The definition of diversification maintains that a balanced investment portfolio should have various weightings of asset classes to be properly balanced. Furthermore, modern portfolio theory says that having the right mix of uncorrelated assets reduces risk and improves return. If that is the accepted practice, then why has the most negatively correlated asset group to stocks and bonds –precious metals bullion – been largely excluded from portfolio diversification?
The traditional view is simply incorrect and it has cost investors and pensioners dearly over the last decade alone.
Pension fund returns have averaged 4.46 per cent over the past 10 years, while most pension funds need over six per cent to maintain their funding levels. Over the past 20 years, REITs have generally been the best-performing asset class, followed by gold, equities, bonds, and cash (See Table 1).
While pension funds were lucky to generate 4.6 per cent in annual returns, gold has averaged 10.4 per cent in U.S. dollars (USD) and 9.5 per cent in Canadian dollars (CAD) over the past 20 years. In 2019, it generated 18.8 per cent in USD and 12.9 per cent CAD. In 2020, the returns are even greater, with 23.6 per cent in USD and 27.1 per cent CAD. Gold outperformed both the Berkshire Hathaway and Ray Dalio’s All-Weather portfolio (See Chart 3).
Because gold is negatively correlated to financial assets, including gold in a portfolio would have improved returns while lowering portfolio volatility.
Since most pension funds and managed portfolios only hold a 60/40 allocation to stocks and bonds, the portfolio calculator developed by the World Gold Council 5 demonstrates the difference that a 10 per cent and 20 per cent allocation to gold would make in a portfolio (See Table 2).
However, there are few pension funds that have an allocation to gold. In September 2020, the Ohio Police and Fire Pension Fund announced it will allocate five per cent of its assets to gold.
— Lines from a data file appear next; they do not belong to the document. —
-- ===== src/Clients/Losses.antt =====
-- ClientManager: the state that a message tells of, and the loss of all connections.
use quick_desk.Base.{
  ℕ, ℤ, ◌≡◌, refl, ◌∙◌, ap, inl, inr, Bool, true, false, String, List, [], ◌∷◌, Option, none, some,
  arith, str_eq, is_empty, string_eq, eq_iff, Bool-cases, if_split, if◌then◌else◌,
}
use quick_desk.Base.Dict.{lookup, has_key, lookup-insert_self}
use quick_desk.Clients.State.{
  RtcStatus, rtc_connected, rtc_disconnected, ConnectionInfo, Settings, ClientManager,
  connection_id_for, can_send, send_message, disconnect_all_message,
}
use quick_desk.Clients.Lifecycle.{at_device, write_at, set_size, set_name, set_rtc, tell_state}
use quick_desk.Clients.Notices.{
  rtc_of, HostInfo, write_state, write_size, write_name, handle_connection_state_changed,
}
use quick_desk.Clients.Wired.{IsWired}
use quick_desk.Clients.Changes.{
  Wired, IsRewritten, unwritten, at_device-some, write_at-IsRewritten, connection_id_for-some,
  tell_state-Wired,
}
use quick_desk.Base.Dict.{contains, keys, lookup-insert_other}
use quick_desk.Transfer.Data.{TransferQueue}
use quick_desk.Transfer.Sessions.{reconcile_session, end_all_sessions}
use quick_desk.Transfer.Kept.{reconcile_session_drops, end_sessions_sessions}
use quick_desk.Clients.Lifecycle.{
  lose_devices, lose_all, disconnect_devices, disconnect_all, same_messaging, set_messaging,
}
use quick_desk.Clients.Wired.{IsUp, fewer-IsWired}
use quick_desk.Clients.Changes.{ended}

abbrev state_after : Option RtcStatus → RtcStatus → RtcStatus
state_after none st = st
state_after (some new) st = new

write_name-IsRewritten :
    {d : String} {old : ConnectionInfo} {st : RtcStatus} {ks : List (String × ConnectionInfo)}
    (name : Option String) (m : ClientManager)
    → IsRewritten d old st ks m.connections
    → IsRewritten d old st ks (write_name name d m).connections
write_name-IsRewritten none m z = z
write_name-IsRewritten (some name) m z =
    write_at-IsRewritten (set_name name) m (λ _. refl) (λ _. refl) (λ _ e. e) z

write_size-IsRewritten :
    {d : String} {old : ConnectionInfo} {st : RtcStatus} {ks : List (String × ConnectionInfo)}
    (size : Option (ℤ × ℤ)) (m : ClientManager)
    → IsRewritten d old st ks m.connections
    → IsRewritten d old st ks (write_size size d m).connections
write_size-IsRewritten none m z = z
write_size-IsRewritten (some (w, h)) m z =
    write_at-IsRewritten (set_size w h) m (λ _. refl) (λ _. refl) (λ _ e. e) z

write_state-IsRewritten :
    (o : Option RtcStatus) (d : String) (k : ConnectionInfo) (m : ClientManager)
    → lookup d m.connections ≡ some k
    → IsRewritten d k (state_after o k.rtc_state) m.connections (write_state o d m).connections
write_state-IsRewritten none d k m e = unwritten d k m.connections e
write_state-IsRewritten (some st) d k m e =
    write_at-IsRewritten (set_rtc st) m (λ _. refl) (λ _. refl) (λ _ _. refl)
      (unwritten d k m.connections e)

-- The three writes leave all but the connections alone.
written-IsWired :
    {s : Settings} {ks : List (String × ConnectionInfo)} (o : Option RtcStatus)
    (size : Option (ℤ × ℤ)) (name : Option String) (d : String) (m : ClientManager)
    → IsWired s m.connection_counter ks m.conn_id_to_device_id m.transfers
    → (λ (x : ClientManager). IsWired s x.connection_counter ks x.conn_id_to_device_id x.transfers)
        (write_name name d (write_size size d (write_state o d m)))
written-IsWired none none none d m w = w
written-IsWired none none (some n) d m w = w
written-IsWired none (some (x, y)) none d m w = w
written-IsWired none (some (x, y)) (some n) d m w = w
written-IsWired (some st) none none d m w = w
written-IsWired (some st) none (some n) d m w = w
written-IsWired (some st) (some (x, y)) none d m w = w
written-IsWired (some st) (some (x, y)) (some n) d m w = w

state_after-agrees :
    (text : String) (st : RtcStatus)
    → str_eq text "connected" ≡ true
    → state_after (rtc_of text) st ≡ rtc_connected
state_after-agrees text st t =
    let e : text ≡ "connected" = (eq_iff text "connected").0 t in rw e refl

-- Whatever state a message names, the session of the connection goes with every state but
-- "connected".
pub handle_connection_state_changed-Wired :
    {s : Settings} (text : String) (info : HostInfo) (d : String) (k : ConnectionInfo)
    (m : ClientManager)
    → lookup d m.connections ≡ some k
    → Wired s m
    → Wired s (handle_connection_state_changed text info d m)
unfolding handle_connection_state_changed
handle_connection_state_changed-Wired {s} text info d k m e w =
    tell_state-Wired d text k _
      (write_name-IsRewritten info.device_name _
        (write_size-IsRewritten info.size _ (write_state-IsRewritten (rtc_of text) d k m e)))
      e (state_after-agrees text k.rtc_state)
      (written-IsWired (rtc_of text) info.size info.device_name d m w)

-- Every session left is that of a connected device among those named.
abbrev IsLeft : List String → List (String × ConnectionInfo) → TransferQueue → Type 0
IsLeft ds ks q =
    (c : String)
    → has_key c q.sessions ≡ true
    → (is_empty c ≡ false) × (u : IsUp ks c) × (contains u.device ds ≡ true)

contains_head :
    (d x : String) (ds : List String)
    → contains x (d ∷ ds) ≡ true
    → str_eq d x ≡ false
    → contains x ds ≡ true
unfolding contains
contains_head d x ds h f = ground (arith, h, f)

-- One device more is told that it is disconnected.
tell-IsLeft :
    (ds : List String) (ks now : List (String × ConnectionInfo)) (d i : String) (over : Bool)
    (q : TransferQueue)
    → ((x : String) → str_eq d x ≡ false → lookup x now ≡ lookup x ks)
    → ((k : ConnectionInfo) → lookup d ks ≡ some k → i ≡ k.connection_id)
    → IsLeft (d ∷ ds) ks q
    → IsLeft ds now (reconcile_session i d false over q)
tell-IsLeft ds ks now d i over q others own left c h =
    let (full, u, named) = left c (reconcile_session_drops i d c over q h) in
    let kept : (x : IsUp now c) × (contains x.device ds ≡ true) =
      elim (Bool-cases (str_eq d u.device)) [
        | inl same ↦
            let t : d ≡ u.device = (eq_iff d u.device).0 same in
            let mine : i ≡ c =
              own u.info (ap (λ (x : String). lookup x ks) t ∙ u.found) ∙ u.named in
            absurd (cc (h, ended i c d false over q mine refl full))
        | inr other ↦ (
          record {
            device = u.device;
            info = u.info;
            found = others u.device other ∙ u.found;
            named = u.named;
            up = u.up;
          },
          contains_head d u.device ds named other,
        )
      ] in
    (full, kept.0, kept.1)

lose_devices-IsLeft :
    (ds : List String) (m : ClientManager)
    → IsLeft ds m.connections m.transfers
    → IsLeft [] (lose_devices ds m).connections (lose_devices ds m).transfers
unfolding lose_devices tell_state
lose_devices-IsLeft [] m left = left
lose_devices-IsLeft (d ∷ ds) m left = lose_devices-IsLeft ds _ (
    tell-IsLeft ds m.connections _ d (connection_id_for d m) true m.transfers (λ x _. refl)
      (λ k e. connection_id_for-some d k m e) left)

disconnect_devices-IsLeft :
    (ds : List String) (m : ClientManager)
    → IsLeft ds m.connections m.transfers
    → IsLeft [] (disconnect_devices ds m).connections (disconnect_devices ds m).transfers
unfolding disconnect_devices tell_state
disconnect_devices-IsLeft [] m left = left
disconnect_devices-IsLeft (d ∷ ds) m left =
    let written : ClientManager = write_at d (set_rtc rtc_disconnected) m in
    disconnect_devices-IsLeft ds _ (
      tell-IsLeft ds m.connections _ d (connection_id_for d written) true m.transfers
        (λ x other. lookup-insert_other d x _ m.connections other)
        (λ k e.
          connection_id_for-some d (set_rtc rtc_disconnected (at_device d m.connections)) written
            (lookup-insert_self d _ m.connections)
          ∙ ap (λ (x : ConnectionInfo). x.connection_id) (at_device-some d k m e))
        left)

-- Without a connection there is no session.
cleared-Wired :
    {s : Settings} {n : ℕ} {ks : List (String × ConnectionInfo)} (q : TransferQueue)
    → IsLeft [] ks q
    → IsWired s n [] [] q
unfolding lookup contains
cleared-Wired q left = record {
  own = λ d k e. absurd (cc e);
  back = λ c d e. absurd (cc e);
  issued = λ c d e. absurd (cc e);
  live = λ c h. let (full, u, named) = left c h in absurd (cc named);
}

contains-keys :
    (d : String) (k : ConnectionInfo) (ks : List (String × ConnectionInfo))
    → lookup d ks ≡ some k
    → contains d (keys ks) ≡ true
unfolding lookup contains keys
contains-keys d k [] e = absurd (cc e)
contains-keys d k ((x, j) ∷ ks) e = ground (arith, contains-keys d k ks)

wired-IsLeft :
    {s : Settings} {n : ℕ} {ids : List (String × String)} (ks : List (String × ConnectionInfo))
    (q : TransferQueue)
    → IsWired s n ks ids q
    → IsLeft (keys ks) ks q
wired-IsLeft ks q w c h =
    let (full, u) = w.live c h in (full, u, contains-keys u.device u.info ks u.found)

lose_all-Wired :
    {s : Settings} (ds : List String) (m : ClientManager)
    → IsLeft ds m.connections m.transfers
    → Wired s (lose_all ds m)
unfolding lose_all
lose_all-Wired [] m left = cleared-Wired m.transfers left
lose_all-Wired (d ∷ ds) m left = cleared-Wired _ (lose_devices-IsLeft (d ∷ ds) m left)

pub disconnect_all-Wired :
    {s : Settings} (ready : Bool) (m : ClientManager) → Wired s m → Wired s (disconnect_all ready m)
unfolding disconnect_all
disconnect_all-Wired {s} ready m w =
    if_split (Wired s) (can_send ready m)
      (λ _. cleared-Wired _ (
        disconnect_devices-IsLeft (keys m.connections) (send_message disconnect_all_message m)
          (wired-IsLeft m.connections m.transfers w)))
      (λ _. w)

pub end_all_fewer :
    (b : Bool) (c : String) (q : TransferQueue)
    → has_key c (if b then q else end_all_sessions q).sessions ≡ true
    → has_key c q.sessions ≡ true
unfolding end_all_sessions
end_all_fewer true c q h = h
end_all_fewer false c q h = end_sessions_sessions (keys q.sessions) c q h

pub set_messaging-Wired :
    {s : Settings} (messaging : Option ℕ) (m : ClientManager)
    → Wired s m
    → Wired s (set_messaging messaging m)
unfolding set_messaging
set_messaging-Wired (some i) m w =
    fewer-IsWired _ (λ c. end_all_fewer (same_messaging m.messaging (some i)) c m.transfers) w
set_messaging-Wired none m w =
    let q : TransferQueue =
      if same_messaging m.messaging none then m.transfers else end_all_sessions m.transfers in
    let v =
      fewer-IsWired q (λ c. end_all_fewer (same_messaging m.messaging none) c m.transfers) w in
    lose_all-Wired (keys m.connections) _ (wired-IsLeft m.connections q v)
With $15.7 billion in assets under management, a five per cent allocation equates to over $750 million (See Chart 4).
Some pension funds have already defaulted on promises made to beneficiaries and class action lawsuits have begun. These will surely increase in time and portfolio managers will be held accountable.
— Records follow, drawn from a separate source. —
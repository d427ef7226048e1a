-- ===== src/Factory/Described.antt =====
-- helios_permissions/factory.go: the client that `Create` describes, with the defaults that the
-- comments on its options state.
use helios_permission_golang.Prelude.{
  zero, suc, ℤ, pos, negsuc, is_positive, bytes, ◌∷◌, ◌≢◌, true, Str, Bool, false, Option, none,
  some, [], ◌==◌, ◌≡◌, refl,
}
use helios_permission_golang.Redis.{done, redis_cache, coerced_ttl}
use helios_permission_golang.Helios.{
  HttpClient, HeliosClient, timed_client, or_default, HeliosClientOptions, with_defaults,
}
use helios_permission_golang.Client.{stale_or_default}
use helios_permission_golang.Factory.{Driver, CreateOptions, Created}

module _ (D : Driver) (opts : CreateOptions D) where
  abbrev pub helios_options : HeliosClientOptions
  helios_options = record {
    base_url = opts.helios_base_url;
    signature_shared_secret = opts.signature_shared_secret;
    source_service = opts.helios_source_service;
    http_client = opts.http_client;
    fetch_timeout = opts.fetch_timeout;
  }

  -- The defaults that the comments on the options state.
  abbrev pub timeout_of : Option HttpClient → ℤ → HttpClient
  timeout_of none (pos zero) = record { timeout = pos 2000000000 }
  timeout_of none (pos (suc n)) = record { timeout = pos (suc n) }
  timeout_of none (negsuc n) = record { timeout = pos 2000000000 }
  timeout_of (some client) (pos zero) = client
  timeout_of (some client) (pos (suc n)) = record { timeout = pos (suc n) }
  timeout_of (some client) (negsuc n) = client

  abbrev pub ttl_of : ℤ → ℤ
  ttl_of (pos n) = pos n
  ttl_of (negsuc n) = pos 0

  abbrev pub source_of : Str → Str
  source_of [] = bytes "helios-permissions-go"
  source_of (x ∷ s) = x ∷ s

  abbrev pub stale_of : Option Bool → Bool
  stale_of none = true
  stale_of (some b) = b

  abbrev pub described_helios : HeliosClient
  described_helios = record {
    base_url = opts.helios_base_url;
    signature_shared_secret = opts.signature_shared_secret;
    source_service = source_of opts.helios_source_service;
    http_client = timeout_of opts.http_client opts.fetch_timeout;
  }

  -- The client that `Create` describes: a Redis cache with the default prefix over the Redis
  -- client, and the Helios client with its defaults.
  unfoldable pub described : D.Handle → Bool → Created D
  described redis owns = record {
    client = record {
      cache =
          redis_cache
            (record {
              rdb = D.commands redis;
              ttl = ttl_of opts.cache_ttl_seconds;
              key_prefix = bytes "helios:perms:";
            })
            D.pages;
      helios = described_helios;
      stale_on_error = stale_of opts.stale_on_error;
    };
    redis = redis;
    helios = described_helios;
    owns_redis = owns;
  }

  -- The Redis client that `Create` pings, whether it owns it, and the state before the PING: the
  -- injected one, which it does not own, or one that it opens from the URL.
  pub data Uses (w : D.World) : D.Handle → Bool → D.World → Type 0 where
    injected : (redis : D.Handle) → opts.redis ≡ some redis → Uses w redis false w
    opened_here :
        (options : D.Options)
        → opts.redis ≡ none
        → opts.redis_url ≢ []
        → D.parse_url opts.redis_url ≡ done options
        → Uses w (D.new_redis_client options w).0 true (D.new_redis_client options w).1

  timed-timeout_of : (o : Option HttpClient) (t : ℤ) → timed_client o t ≡ timeout_of o t
  unfolding timed_client is_positive
  timed-timeout_of none (pos zero) = refl
  timed-timeout_of none (pos (suc n)) = refl
  timed-timeout_of none (negsuc n) = refl
  timed-timeout_of (some client) (pos zero) = refl
  timed-timeout_of (some client) (pos (suc n)) = refl
  timed-timeout_of (some client) (negsuc n) = refl

  default-source_of : (s : Str) → or_default (bytes "helios-permissions-go") s ≡ source_of s
  unfolding ◌==◌
  default-source_of [] = refl
  default-source_of (x ∷ s) = refl

  pub defaults-described : with_defaults helios_options ≡ described_helios
  unfolding with_defaults
  defaults-described =
      rw
        (
          timed-timeout_of opts.http_client opts.fetch_timeout,
          default-source_of opts.helios_source_service,
        )
        refl

  pub coerced-ttl_of : (n : ℤ) → coerced_ttl n ≡ ttl_of n
  coerced-ttl_of (pos n) = refl
  coerced-ttl_of (negsuc n) = refl

  pub default-stale_of : (o : Option Bool) → stale_or_default o ≡ stale_of o
  unfolding stale_or_default
  default-stale_of none = refl
  default-stale_of (some b) = refl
There is about $33 trillion invested in pension funds6, so 10 per cent would equal $3.3 trillion of gold. Considering that annual mine supply is about $200 billion, only a few early adopters will be able to obtain a proper gold allocation in the future. Gold production remains relatively flat at 3,500 tonnes, while demand has increased to 4,800 tonnes over the past few years.
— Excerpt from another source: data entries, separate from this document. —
-- ===== src/Factory/Outcomes.antt =====
-- helios_permissions/factory.go: when `Create` succeeds, and with what.
use helios_permission_golang.Prelude.{
  ◌∷◌, ◌≢◌, true, Str, Bool, false, Option, none, some, [], ◌==◌, ◌≡◌, ◌↔◌, refl, sym, ap, ◌∙◌,
  arith,
}
use mathlib.Core.Path.{subst}
use helios_permission_golang.Errors.{Error, ok, err, panic, Result}
use helios_permission_golang.Redis.{Fallible, failed, done, new_redis_permission_cache, with_client}
use helios_permission_golang.Helios.{new_helios_client, with_defaults}
use helios_permission_golang.Client.{new_client, with_cache}
use helios_permission_golang.Factory.{
  Driver, CreateOptions, Created, opened, missing_option, wire, connect, finish, after_ping,
  after_connect, after_check, create,
}
use helios_permission_golang.Factory.Described.{
  helios_options, described, Uses, injected, opened_here, defaults-described, coerced-ttl_of,
  default-stale_of,
}

IsOk : {A : Type 1} → Result A → Type 0
IsOk (ok x) = Unit
IsOk (err e) = ⊥
IsOk (panic text) = ⊥

failure-not-ok :
    {A : Type 1} {W : Type 0} {e : Error} {w : W} (r : A) (w' : W)
    → ◌≡◌ {A = Result A × W} (err e, w) (ok r, w')
    → ⊥
unfolding IsOk
failure-not-ok r w' e = subst (λ x. IsOk x) (sym (ap (λ p. p.0) e)) tt

module _ (D : Driver) (opts : CreateOptions D) where
  base_present : missing_option D opts ≡ none → (opts.helios_base_url == []) ≡ false
  unfolding missing_option
  base_present e = ground arith

  secret_present : missing_option D opts ≡ none → (opts.signature_shared_secret == []) ≡ false
  unfolding missing_option
  secret_present e = ground arith

  helios_made :
      missing_option D opts ≡ none
      → new_helios_client (helios_options D opts) ≡ ok (with_defaults (helios_options D opts))
  unfolding new_helios_client
  helios_made e = rw (base_present e) (rw (secret_present e) refl)

  pub wire-described :
      (redis : D.Handle) (owns : Bool)
      → missing_option D opts ≡ none
      → wire D opts redis owns ≡ ok (described D opts redis owns)
  unfolding wire described new_redis_permission_cache with_client new_client with_cache ◌==◌
  wire-described redis owns e =
      rw
        (
          helios_made e,
          defaults-described D opts,
          coerced-ttl_of D opts opts.cache_ttl_seconds,
          default-stale_of D opts opts.stale_on_error,
        )
        refl

  from_ping :
      (redis : D.Handle) (owns : Bool) (answer : Option Str × D.World) (w' : D.World)
      (r : Created D)
      → missing_option D opts ≡ none
      → after_ping D opts redis owns answer ≡ (ok r, w')
      → (answer ≡ (none, w')) × (r ≡ described D opts redis owns)
  from_ping redis owns (some text, w) w' r complete e = absurd (failure-not-ok r w' e)
  from_ping redis owns (none, w) w' r complete e =
      let made : ◌≡◌ {A = Result (Created D) × D.World} (ok (described D opts redis owns), w)
          (ok r, w') =
        sym (ap (λ x. finish D redis owns x w) (wire-described redis owns complete)) ∙ e in
      (cc, cc)

  from_connect :
      (found : Fallible (D.Handle × Bool) × D.World) (w' : D.World) (r : Created D)
      → missing_option D opts ≡ none
      → after_connect D opts found ≡ (ok r, w')
      → (redis : D.Handle) × (owns : Bool) × (w'' : D.World) × (found ≡ (done (redis, owns), w''))
        × (D.ping redis w'' ≡ (none, w'))
        × (r ≡ described D opts redis owns)
  from_connect (failed text, w) w' r complete e = absurd (failure-not-ok r w' e)
  from_connect (done (redis, owns), w) w' r complete e =
      let (answer, made) = from_ping redis owns (D.ping redis w) w' r complete e in
      (redis, owns, w, refl, answer, made)

  from_check :
      (w w' : D.World) (r : Created D) (missing : Option Str)
      → missing_option D opts ≡ missing
      → after_check D opts missing w ≡ (ok r, w')
      → (missing_option D opts ≡ none)
        × ((redis : D.Handle) × (owns : Bool) × (w'' : D.World) × (connect D opts.redis_url
                opts.redis w
              ≡ (done (redis, owns), w''))
            × (D.ping redis w'' ≡ (none, w'))
            × (r ≡ described D opts redis owns))
  from_check w w' r (some text) known e = absurd (failure-not-ok r w' e)
  from_check w w' r none known e =
      (known, from_connect (connect D opts.redis_url opts.redis w) w' r known e)

  is_given : (s : Str) → (s == []) ≡ false → s ≢ []
  unfolding ◌==◌
  is_given [] e same = absurd cc
  is_given (x ∷ s) e same = absurd cc

  given_test : (s : Str) → s ≢ [] → (s == []) ≡ false
  unfolding ◌==◌
  given_test [] h = absurd (h refl)
  given_test (x ∷ s) h = refl

  url_present : opts.redis ≡ none → missing_option D opts ≡ none → (opts.redis_url == []) ≡ false
  unfolding missing_option
  url_present is e = ground (arith, is)

  opened-Uses :
      (w w'' : D.World) (redis : D.Handle) (owns : Bool) (parsed : Fallible D.Options)
      → opts.redis ≡ none
      → opts.redis_url ≢ []
      → D.parse_url opts.redis_url ≡ parsed
      → opened D parsed w ≡ (done (redis, owns), w'')
      → Uses D opts w redis owns w''
  opened-Uses w w'' redis owns (failed text) is url parse e = absurd cc
  opened-Uses w w'' redis owns (done options) is url parse e =
      let p : (D.new_redis_client options w).0 ≡ redis = cc in
      let q : true ≡ owns = cc in
      let r : (D.new_redis_client options w).1 ≡ w'' = cc in
      rw⁻¹ (p, q, r) (opened_here options is url parse)

  connect-Uses :
      (w w'' : D.World) (redis : D.Handle) (owns : Bool) (o : Option D.Handle)
      → opts.redis ≡ o
      → missing_option D opts ≡ none
      → connect D opts.redis_url o w ≡ (done (redis, owns), w'')
      → Uses D opts w redis owns w''
  connect-Uses w w'' redis owns (some client) is complete e =
      let p : client ≡ redis = cc in
      let q : false ≡ owns = cc in
      let r : w ≡ w'' = cc in
      subst (λ v. Uses D opts w redis owns v) r (rw⁻¹ (p, q) (injected client is))
  connect-Uses w w'' redis owns none is complete e =
      opened-Uses w w'' redis owns (D.parse_url opts.redis_url) is
        (is_given opts.redis_url (url_present is complete)) refl e

  Uses-connect :
      {w w'' : D.World} {redis : D.Handle} {owns : Bool}
      → Uses D opts w redis owns w''
      → connect D opts.redis_url opts.redis w ≡ (done (redis, owns), w'')
  Uses-connect (injected redis is) = rw is refl
  Uses-connect (opened_here options is url parse) = rw (is, parse) refl

  Uses-complete :
      {w w'' : D.World} {redis : D.Handle} {owns : Bool}
      → opts.helios_base_url ≢ []
      → opts.signature_shared_secret ≢ []
      → Uses D opts w redis owns w''
      → missing_option D opts ≡ none
  unfolding missing_option
  Uses-complete base secret (injected redis is) =
      rw (given_test _ base, given_test _ secret, is) refl
  Uses-complete base secret (opened_here options is url parse) =
      rw (given_test _ base, given_test _ secret, is, given_test _ url) refl

  -- Create succeeds exactly when the base URL and the secret are given, a Redis client is injected,
  -- or none is and the URL is given and parses, and that client answers the PING; the result is
  -- then the described D opts one, which owns the Redis client exactly if it was opened here.
  pub create_iff :
      (w w' : D.World) (r : Created D)
      → (create D opts w ≡ (ok r, w')) ↔ (
          (opts.helios_base_url ≢ [])
          × (opts.signature_shared_secret ≢ [])
          × ((redis : D.Handle) × (owns : Bool) × (w'' : D.World) × Uses D opts w redis owns w''
              × (D.ping redis w'' ≡ (none, w'))
              × (r ≡ described D opts redis owns)))
  unfolding create
  create_iff w w' r = (
    λ e.
        let (complete, (redis, owns, w'', found, answer, made)) =
          from_check w w' r (missing_option D opts) refl e in
        (
          is_given _ (base_present complete),
          is_given _ (secret_present complete),
          (
            redis,
            owns,
            w'',
            connect-Uses w w'' redis owns opts.redis refl complete found,
            answer,
            made,
          ),
        ),
    λ (base, secret, (redis, owns, w'', uses, answer, made)).
        let complete = Uses-complete base secret uses in
        rw complete (
          rw (Uses-connect uses)
            (rw answer (rw (wire-described redis owns complete) (rw made refl)))),
  )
To acquire even a five per cent allocation, many pension funds will need to acquire billions in gold. Any pension fund slow to start a progressive gold acquisition program will be left out or forced to pay much higher prices as more pension funds decide they must allocate to gold. While paper proxies may be available, they defeat the fundamental reason for owning gold, no counter-party risk.